また、サブスクリプションは導入の敷居が低い一方で、離脱もされやすいという特性を有しています。企業が運用サポートに注力するのは当然で、業界では「サポート」ではなく「カスタマーサクセス」という職種名で呼ばれています。これも、従来型のパッケージ企業やSIerには存在しない概念でした。顧客がサービスに対価を支払ってくれるからこそ、サービスの質を少しでも高める必要があるのです。
エンジニアとしてのサブスクリプション
一方で、システム開発自体をサブスクリプション化するという考え方もあります。ソニックガーデンというIT企業では「納品のない受託開発」と称する月額定額でのシステム開発モデルをはるか以前から行っていました。サブスクリプション型で顧客と関係を結び、本当に必要なシステムだけを開発しています。これもIT業界では異質とされているのですが、今後広まっていく可能性が十分にあると個人的には考えています。
すべての業種、すべてのサービスにサブスクリプションが適用出来るとは限らないでしょう。レストランにも航空チケットにも、健康ランドにもサブスクリプションメニューがあっても不思議ではありませんが、契約したいと思う人はどれぐらいいるでしょう。

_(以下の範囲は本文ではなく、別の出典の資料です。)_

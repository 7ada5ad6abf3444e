-- ===== src/Metadata/Sql.antt =====
-- crates/metadata/src/sql.rs: the store that keeps its records as JSON in the rows of a SQLite
-- database. The database, by `sqlx`, and the JSON, by `serde_json`, are parameters: `Q` is the state
-- of the one, `J` the type of the texts of the other.
pub mod Laws
use mcp_oxide.Prelude.{
  ℕ, ◌-◌, ◌^◌, String, Bool, true, false, ◌&&◌, not, Option, none, some, unwrap_or, List, [], ◌∷◌,
  any, all, ◌==◌, leb, if◌then◌else◌,
}
use mcp_oxide.Text.{format, is_empty, trim, split}
use mcp_oxide.Core.Error.{Error, internal, Result, ok, err}
use mcp_oxide.Core.Model.{Adapter, Tool}
use mcp_oxide.Core.Providers.{Filter, MetadataStore}

pub data Table : Type 0 where
  adapters_table tools_table : Table

-- the columns of a row; an `INTEGER` is an `i64`
pub record Row (J : Type 0) : Type 0 where
  pub name : String
  pub tags : J
  pub payload : J
  pub revision : ℕ
  pub updated_at : String

pub data Column : Type 0 where
  name_column tags_column payload_column revision_column updated_at_column : Column

-- `ON CONFLICT(target) DO UPDATE SET c=excluded.c, …`, by the columns `c` that it sets
pub record OnConflict : Type 0 where
  pub target : Column
  pub set : List Column

-- the clause of both `INSERT`s
unfoldable pub put_conflict : OnConflict
put_conflict = record {
  target = name_column;
  set = tags_column ∷ payload_column ∷ revision_column ∷ updated_at_column ∷ [];
}

-- what `try_get` reads of the two columns of a row that a query returns
pub record Selected (J : Type 0) : Type 0 where
  pub payload : Result String J
  pub tags : Result String J

-- The statements: a `CREATE TABLE`; an `INSERT` of all columns of a row with its `ON CONFLICT`
-- clause; `SELECT … WHERE name = ?1`; `SELECT … ORDER BY name`; and
-- `DELETE … WHERE name = ?1`. The clock gives the time of a write.
pub record Database (J Q : Type 0) : Type 0 where
  pub create : String → Q → Result String (Unit {0}) × Q
  pub upsert : Table → OnConflict → Row J → Q → Result String (Unit {0}) × Q
  pub select : Table → String → Q → Result String (Option (Selected J))
  pub select_all : Table → Q → Result String (List (Selected J))
  pub remove : Table → String → Q → Result String (Unit {0}) × Q
  pub now : Q → String

-- `serde_json::to_string` and `serde_json::from_str`
pub record Codec (J : Type 0) : Type 0 where
  pub encode_adapter : Adapter → Result String J
  pub decode_adapter : J → Result String Adapter
  pub encode_tool : Tool → Result String J
  pub decode_tool : J → Result String Tool
  pub encode_tags : List String → Result String J
  pub decode_tags : J → Result String (List String)

abbrev pub map_sqlx_err : String → Error
map_sqlx_err e = internal (format ("sql: " ∷ e ∷ []))

abbrev pub json_encode : {A : Type 0} → Result String A → Result Error A
json_encode (ok j) = ok j
json_encode (err e) = err (internal (format ("json encode: " ∷ e ∷ [])))

abbrev pub json_decode : {A : Type 0} → Result String A → Result Error A
json_decode (ok a) = ok a
json_decode (err e) = err (internal (format ("json decode: " ∷ e ∷ [])))

abbrev pub executed : {Q : Type 0} → Result String (Unit {0}) × Q → Result Error (Unit {0}) × Q
executed (ok done, q) = (ok tt, q)
executed (err e, q) = (err (map_sqlx_err e), q)

-- `i64::try_from(…).unwrap_or(1)`
unfoldable pub revision_of : Option ℕ → ℕ
revision_of revision = let n = unwrap_or 1 revision in if leb n (2 ^ 63 - 1) then n else 1

abbrev pub schema_sql : String
schema_sql = format (
    "\nCREATE TABLE IF NOT EXISTS adapters (\n    name      TEXT PRIMARY KEY,\n"
    ∷ "    tags      TEXT NOT NULL DEFAULT '[]',\n    payload   TEXT NOT NULL,\n"
    ∷ "    revision  INTEGER NOT NULL DEFAULT 1,\n    updated_at TEXT NOT NULL\n);\n"
    ∷ "CREATE TABLE IF NOT EXISTS tools (\n    name      TEXT PRIMARY KEY,\n"
    ∷ "    tags      TEXT NOT NULL DEFAULT '[]',\n    payload   TEXT NOT NULL,\n"
    ∷ "    revision  INTEGER NOT NULL DEFAULT 1,\n    updated_at TEXT NOT NULL\n);\n" ∷ [])

module _ {J Q : Type 0} (db : Database J Q) where
  -- what follows a statement: the next one, unless it failed
  abbrev and_then :
      Result String (Unit {0}) × Q → (Q → Result Error (Unit {0}) × Q) → Result Error (Unit {0}) × Q
  and_then (err e, q) next = (err (map_sqlx_err e), q)
  and_then (ok done, q) next = next q

  unfoldable pub run_statements : List String → Q → Result Error (Unit {0}) × Q
  run_statements [] q = (ok tt, q)
  run_statements (stmt ∷ stmts) q =
      let s = trim stmt in
      let executed_first = and_then (db.create s q) (run_statements stmts) in
      let skipped = run_statements stmts q in if is_empty s then skipped else executed_first

  unfoldable pub init_schema : Q → Result Error (Unit {0}) × Q
  init_schema q = run_statements (split b';' schema_sql) q

  -- the row of a record whose JSON and whose tags' JSON are there
  abbrev pub put_row :
      Table → String → Option ℕ → Result Error J → Result Error J → Q → Result Error (Unit {0}) × Q
  put_row table name revision (err e) tags q = (err e, q)
  put_row table name revision (ok payload) (err e) q = (err e, q)
  put_row table name revision (ok payload) (ok tags) q = executed (
      db.upsert table put_conflict
        (record {
          name = name;
          tags = tags;
          payload = payload;
          revision = revision_of revision;
          updated_at = db.now q;
        })
        q)

  module _ {A : Type 0} (decode : J → Result String A) where
    abbrev pub payload_of : Result String J → Result Error A
    payload_of (err e) = err (map_sqlx_err e)
    payload_of (ok j) = json_decode (decode j)

    abbrev found : Result Error A → Result Error (Option A)
    found (err e) = err e
    found (ok a) = ok (some a)

    abbrev pub get_row : Result String (Option (Selected J)) → Result Error (Option A)
    get_row (err e) = err (map_sqlx_err e)
    get_row (ok none) = ok none
    get_row (ok (some row)) = found (payload_of row.payload)

    abbrev onto_listed : Result Error A → Result Error (List A) → Result Error (List A)
    onto_listed (err e) rest = err e
    onto_listed (ok a) (err e) = err e
    onto_listed (ok a) (ok rest) = ok (a ∷ rest)

    abbrev pub passes : List String → List String → Bool
    passes [] tags = true
    passes (t ∷ ts) tags = all (λ tag. any (λ own. own == tag) tags) (t ∷ ts)

    -- a row's tags are read first, and its payload only where they pass
    abbrev pub list_row :
        List String
        → Result Error (List String)
        → Selected J
        → Result Error (List A)
        → Result Error (List A)
    list_row wanted (err e) row rest = err e
    list_row wanted (ok tags) row rest =
        let taken = onto_listed (payload_of row.payload) rest in
        if passes wanted tags then taken else rest

    module _ (decode_tags : J → Result String (List String)) where
      abbrev tags_of : Result String J → Result Error (List String)
      tags_of (err e) = err (map_sqlx_err e)
      tags_of (ok j) = json_decode (decode_tags j)

      unfoldable pub list_rows : List String → List (Selected J) → Result Error (List A)
      list_rows wanted [] = ok []
      list_rows wanted (row ∷ rows) = list_row wanted (tags_of row.tags) row (list_rows wanted rows)

      abbrev pub list_selected :
          List String → Result String (List (Selected J)) → Result Error (List A)
      list_selected wanted (err e) = err (map_sqlx_err e)
      list_selected wanted (ok rows) = list_rows wanted rows

module _ {J Q : Type 0} (db : Database J Q) (json : Codec J) where
  unfoldable pub put_adapter : Adapter → Q → Result Error (Unit {0}) × Q
  put_adapter a q =
      put_row db adapters_table a.name a.revision (json_encode (json.encode_adapter a))
        (json_encode (json.encode_tags a.tags)) q

  unfoldable pub get_adapter : String → Q → Result Error (Option Adapter)
  get_adapter name q = get_row db json.decode_adapter (db.select adapters_table name q)

  unfoldable pub list_adapters : Filter → Q → Result Error (List Adapter)
  list_adapters filter q =
      list_selected db json.decode_adapter json.decode_tags filter.tags
        (db.select_all adapters_table q)

  unfoldable pub delete_adapter : String → Q → Result Error (Unit {0}) × Q
  delete_adapter name q = executed (db.remove adapters_table name q)

  unfoldable pub put_tool : Tool → Q → Result Error (Unit {0}) × Q
  put_tool t q =
      put_row db tools_table t.name t.revision (json_encode (json.encode_tool t))
        (json_encode (json.encode_tags t.tags)) q

  unfoldable pub get_tool : String → Q → Result Error (Option Tool)
  get_tool name q = get_row db json.decode_tool (db.select tools_table name q)

  unfoldable pub list_tools : Filter → Q → Result Error (List Tool)
  list_tools filter q =
      list_selected db json.decode_tool json.decode_tags filter.tags (db.select_all tools_table q)

  unfoldable pub delete_tool : String → Q → Result Error (Unit {0}) × Q
  delete_tool name q = executed (db.remove tools_table name q)

  abbrev pub sqlite_store : MetadataStore Q
  sqlite_store = record {
    put_adapter = put_adapter;
    get_adapter = get_adapter;
    list_adapters = list_adapters;
    delete_adapter = delete_adapter;
    put_tool = put_tool;
    get_tool = get_tool;
    list_tools = list_tools;
    delete_tool = delete_tool;
  }

-- `SqlitePoolOptions::connect` opens a database of at most so many connections, which then gets its
-- tables
module _ {J Q : Type 0} (db : Database J Q)
    (open_pool : (max_connections : ℕ) → String → Result String Q) where
  abbrev with_schema : Result Error (Unit {0}) × Q → Result Error Q
  with_schema (ok done, q) = ok q
  with_schema (err e, q) = err e

  abbrev opened : Result String Q → Result Error Q
  opened (err e) = err (map_sqlx_err e)
  opened (ok q) = with_schema (init_schema db q)

  unfoldable pub connect : String → Result Error Q
  connect url = opened (open_pool 8 url)
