-- ===== src/Gateway/Bootstrap/Providers.antt =====
-- crates/gateway/src/state.rs: the functions that choose a provider for each part of the
-- configuration. An `anyhow` error is its text.

use mcp_oxide.Prelude.{ℕ, String, not, Option, none, some, List, [], ◌∷◌, keep, ◌==◌, if◌then◌else◌}
use mcp_oxide.Text.{format, starts_with}
use mcp_oxide.Core.Error.{Error, to_string, Result, ok, err}
use mcp_oxide.Core.Providers.{IdProvider, PolicyEngine}
use mcp_oxide.Authz.{deny_all_engine}
use mcp_oxide.Authz.YamlRbac.{YamlRbacPolicy, YamlRbacEngine, yaml_rbac_engine, from_path}
use mcp_oxide.Deployment.Docker.Daemon.{Daemon}
use mcp_oxide.Deployment.Docker.Policy.{DockerProvider}
use mcp_oxide.Deployment.Docker.Provider.{Connector}
use mcp_oxide.Deployment.Docker.Provider
use mcp_oxide.Identity.{noop_id_provider}
use mcp_oxide.Identity.Claims.{ClaimExtractor}
use mcp_oxide.Identity.Jwt.{
  Algorithm, hs256, hs384, hs512, es256, es384, rs256, rs384, rs512, ed_dsa, algorithm_text,
  Jsonwebtoken,
}
use mcp_oxide.Identity.StaticJwt.{StaticJwtConfig, StaticJwtProvider, static_jwt_provider}
use mcp_oxide.Identity.StaticJwt
use mcp_oxide.Identity.Oidc.{OidcConfig, OidcProvider, OidcState, Net}
use mcp_oxide.Identity.Oidc.Validate.{oidc_provider}
use mcp_oxide.Identity.Oidc.Validate
use mcp_oxide.Metadata.Sql.{Database}
use mcp_oxide.Metadata.Sql
use mcp_oxide.Gateway.State.{ResolvedAdapter}
use mcp_oxide.Gateway.Config.{
  IdentityConfig, noop, oidc_generic, static_jwt, OidcGenericConfig, StaticJwtFileConfig,
  AuthzConfig, deny_all, yaml_rbac, MetadataStoreConfig, in_memory, postgres, sqlite,
  DeploymentConfig, noop_external, docker, StaticAdapter, from_millis, from_secs,
}

abbrev pub of_static : StaticAdapter → ResolvedAdapter
of_static v = record {
  name = v.name;
  upstream = v.upstream;
  required_roles = v.required_roles;
  tags = v.tags;
}

-- the loop that fills the map of the adapters: of two of one name the later one stays
unfoldable pub adapter_map :
    List ResolvedAdapter → List (String × ResolvedAdapter) → List (String × ResolvedAdapter)
adapter_map [] m = m
adapter_map (a ∷ adapters) m =
    adapter_map adapters ((a.name, a) ∷ keep (λ entry. not (entry.0 == a.name)) m)

-- what `reqwest::Client::builder` is given
pub record ClientSpec : Type 0 where
  pub connect_timeout : ℕ
  pub timeout : ℕ
  pub pool_max_idle_per_host : Option ℕ

-- the provider of identity that was chosen, with the state of the one that has some
pub data ChosenIdentity (K N : Type 0) : Type 0 where
  unconfigured : ChosenIdentity K N
  by_oidc : OidcProvider → OidcState K N → ChosenIdentity K N
  by_static_jwt : StaticJwtProvider K → ChosenIdentity K N

pub data ChosenStore (Q : Type 0) : Type 0 where
  in_memory_store : ChosenStore Q
  sqlite_store : Q → ChosenStore Q

pub data ChosenDeployment (D : Type 0) : Type 0 where
  external : ChosenDeployment D
  by_docker : Daemon D → DockerProvider → ChosenDeployment D

abbrev pub identity_provider :
    {K N : Type 0} → Jsonwebtoken K → Net N → ChosenIdentity K N → IdProvider
identity_provider jwt http unconfigured = noop_id_provider
identity_provider jwt http (by_oidc p st) = oidc_provider jwt http p st
identity_provider jwt http (by_static_jwt p) = static_jwt_provider jwt p

pub record Wired (K N Q D C : Type 0) : Type 0 where
  pub identity : ChosenIdentity K N
  pub authz : PolicyEngine
  pub deployment : ChosenDeployment D
  pub metadata : ChosenStore Q
  pub http : C
  pub adapters : List (String × ResolvedAdapter)

-- What the start-up calls of the system and of other crates: the files, the parsers of an
-- algorithm's name and of a policy, the key of an HMAC secret, the client, and the connections.
pub record System (K Q D C : Type 0) : Type 0 where
  pub algorithm_of : String → Option Algorithm
  pub read : String → Result String String
  pub from_yaml : String → Result String YamlRbacPolicy
  pub from_secret : String → K
  pub open_pool : ℕ → String → Result String Q
  pub connector : Connector D
  pub build_client : ClientSpec → Result String C

abbrev text_of : {A : Type 0} → Result Error A → Result String A
text_of (ok a) = ok a
text_of (err e) = err (to_string e)

module _ {K N Q D C J : Type 0} (sys : System K Q D C) (jwt : Jsonwebtoken K) (http : Net N)
    (db : Database J Q) where
  abbrev alg_result : String → Option Algorithm → Result String Algorithm
  alg_result s (some alg) = ok alg
  alg_result s none = err (format ("invalid algorithm: " ∷ s ∷ []))

  unfoldable pub parse_alg : String → Result String Algorithm
  parse_alg s = alg_result s (sys.algorithm_of s)

  abbrev onto_algs :
      Result String Algorithm → Result String (List Algorithm) → Result String (List Algorithm)
  onto_algs (err e) rest = err e
  onto_algs (ok alg) (err e) = err e
  onto_algs (ok alg) (ok algs) = ok (alg ∷ algs)

  unfoldable pub parse_algs : List String → Result String (List Algorithm)
  parse_algs [] = ok []
  parse_algs (s ∷ ss) = onto_algs (parse_alg s) (parse_algs ss)

  abbrev extractor_of : List String → List String → Option String → ClaimExtractor
  extractor_of roles groups tenant = record {
    role_paths = roles;
    group_paths = groups;
    tenant_path = tenant;
    scopes_path = "scope";
  }

  unfoldable pub oidc_config : OidcGenericConfig → List Algorithm → OidcConfig
  oidc_config o algorithms = record {
    issuer = o.issuer;
    audiences = o.audiences;
    algorithms = algorithms;
    jwks_cache_ttl = from_secs o.jwks_cache_ttl_s;
    clock_skew_s = o.clock_skew_s;
    http_timeout = from_millis o.http_timeout_ms;
    extractor = extractor_of o.roles_claim_paths o.groups_claim_paths o.tenant_claim_path;
  }

  abbrev by_connection :
      Result Error OidcProvider × OidcState K N → Result String (ChosenIdentity K N)
  by_connection (ok p, st) = ok (by_oidc p st)
  by_connection (err e, st) = err (to_string e)

  abbrev oidc_identity :
      OidcGenericConfig → N → Result String (List Algorithm) → Result String (ChosenIdentity K N)
  oidc_identity o net (err e) = err e
  oidc_identity o net (ok algs) = by_connection (Validate.connect jwt http (oidc_config o algs) net)

  -- the key of a file, by the algorithm that it is for
  unfoldable pub static_key : Algorithm → String → Result String K
  static_key rs256 bytes = jwt.from_rsa_pem bytes
  static_key rs384 bytes = jwt.from_rsa_pem bytes
  static_key rs512 bytes = jwt.from_rsa_pem bytes
  static_key es256 bytes = jwt.from_ec_pem bytes
  static_key es384 bytes = jwt.from_ec_pem bytes
  static_key ed_dsa bytes = jwt.from_ed_pem bytes
  static_key hs256 bytes = ok (sys.from_secret bytes)
  static_key hs384 bytes = ok (sys.from_secret bytes)
  static_key hs512 bytes = ok (sys.from_secret bytes)
  static_key other bytes =
      err (format ("unsupported static-jwt algorithm: " ∷ algorithm_text other ∷ []))

  abbrev static_identity :
      StaticJwtFileConfig → Algorithm → Result String K → Result String (ChosenIdentity K N)
  static_identity s alg (err e) = err e
  static_identity s alg (ok key) = ok (
      by_static_jwt (
        StaticJwt.«new» (record {
          algorithm = alg;
          key = key;
          issuer = s.issuer;
          audiences = s.audiences;
          clock_skew_s = s.clock_skew_s;
          extractor = extractor_of s.roles_claim_paths s.groups_claim_paths s.tenant_claim_path;
        })))

  abbrev static_read :
      StaticJwtFileConfig → Algorithm → Result String String → Result String (ChosenIdentity K N)
  static_read s alg (err e) = err e
  static_read s alg (ok bytes) = static_identity s alg (static_key alg bytes)

  abbrev static_parsed :
      StaticJwtFileConfig → Result String Algorithm → Result String (ChosenIdentity K N)
  static_parsed s (err e) = err e
  static_parsed s (ok alg) = static_read s alg (sys.read s.key_path)

  unfoldable pub build_identity : IdentityConfig → N → Result String (ChosenIdentity K N)
  build_identity noop net = ok unconfigured
  build_identity (oidc_generic o) net = oidc_identity o net (parse_algs o.algorithms)
  build_identity (static_jwt s) net = static_parsed s (parse_alg s.algorithm)

  abbrev engine_of : Result Error YamlRbacEngine → Result String PolicyEngine
  engine_of (ok engine) = ok (yaml_rbac_engine engine)
  engine_of (err e) = err (to_string e)

  unfoldable pub build_authz : AuthzConfig → Result String PolicyEngine
  build_authz deny_all = ok deny_all_engine
  build_authz (yaml_rbac path) = engine_of (from_path sys.from_yaml sys.read path)

  abbrev store_of : Result Error Q → Result String (ChosenStore Q)
  store_of (ok q) = ok (sqlite_store q)
  store_of (err e) = err (to_string e)

  unfoldable pub sqlite_url : String → String
  sqlite_url path =
      if starts_with path "sqlite:" then path else format ("sqlite://" ∷ path ∷ "?mode=rwc" ∷ [])

  unfoldable pub build_metadata : MetadataStoreConfig → Result String (ChosenStore Q)
  build_metadata in_memory = ok in_memory_store
  build_metadata (sqlite path) = store_of (Sql.connect db sys.open_pool (sqlite_url path))
  build_metadata (postgres dsn) =
      err "postgres metadata store is not yet implemented (Phase 2 scope: sqlite)"

  abbrev by_daemon :
      Result Error (Daemon D × DockerProvider) × D → Result String (ChosenDeployment D × D)
  by_daemon (ok (daemon, p), d) = ok (by_docker daemon p, d)
  by_daemon (err e, d) = err (to_string e)

  unfoldable pub build_deployment : DeploymentConfig → D → Result String (ChosenDeployment D × D)
  build_deployment noop_external d = ok (external, d)
  build_deployment (docker socket network connect_timeout_s allowed pinned) d = by_daemon (
      Provider.«new» sys.connector
        (record {
          socket = socket;
          network = network;
          connect_timeout_s = connect_timeout_s;
          allowed_registries = allowed;
          require_digest_pinning = pinned;
        })
        d)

その意味では、やはりITサービスやデジタルコンテンツはサブスクリプションのメリットが大きいのは間違いありません。特に注目が集まっているのはゲーム業界と言われています。ヒット頼りの不安定な収益モデルより、定額課金の安定した課金サービスの方が企業としてもメリットが大きいとも言われています。
価値観の変化が社会を変える
このコラムは『サブスクリプション』という本を読み、自分なりに考えたことを記載しています。実はこの本は2年前に購入していたのですが、その時には正直あまりピンと来ていませんでした。おそらくその時には、まだ自分の中でまだサブスクリプションの価値観を理解出来ていなかったのだと思います。時が過ぎ、個人でも業務でも利用が増えるにつれて、サブスクリプションの価値観が分かってきたのだと思います。モノを持たない、モノを買わないのがクールとされる時代。その価値観が企業や個人にも根付いたとき、さらに社会の変化が起こるような気がしています。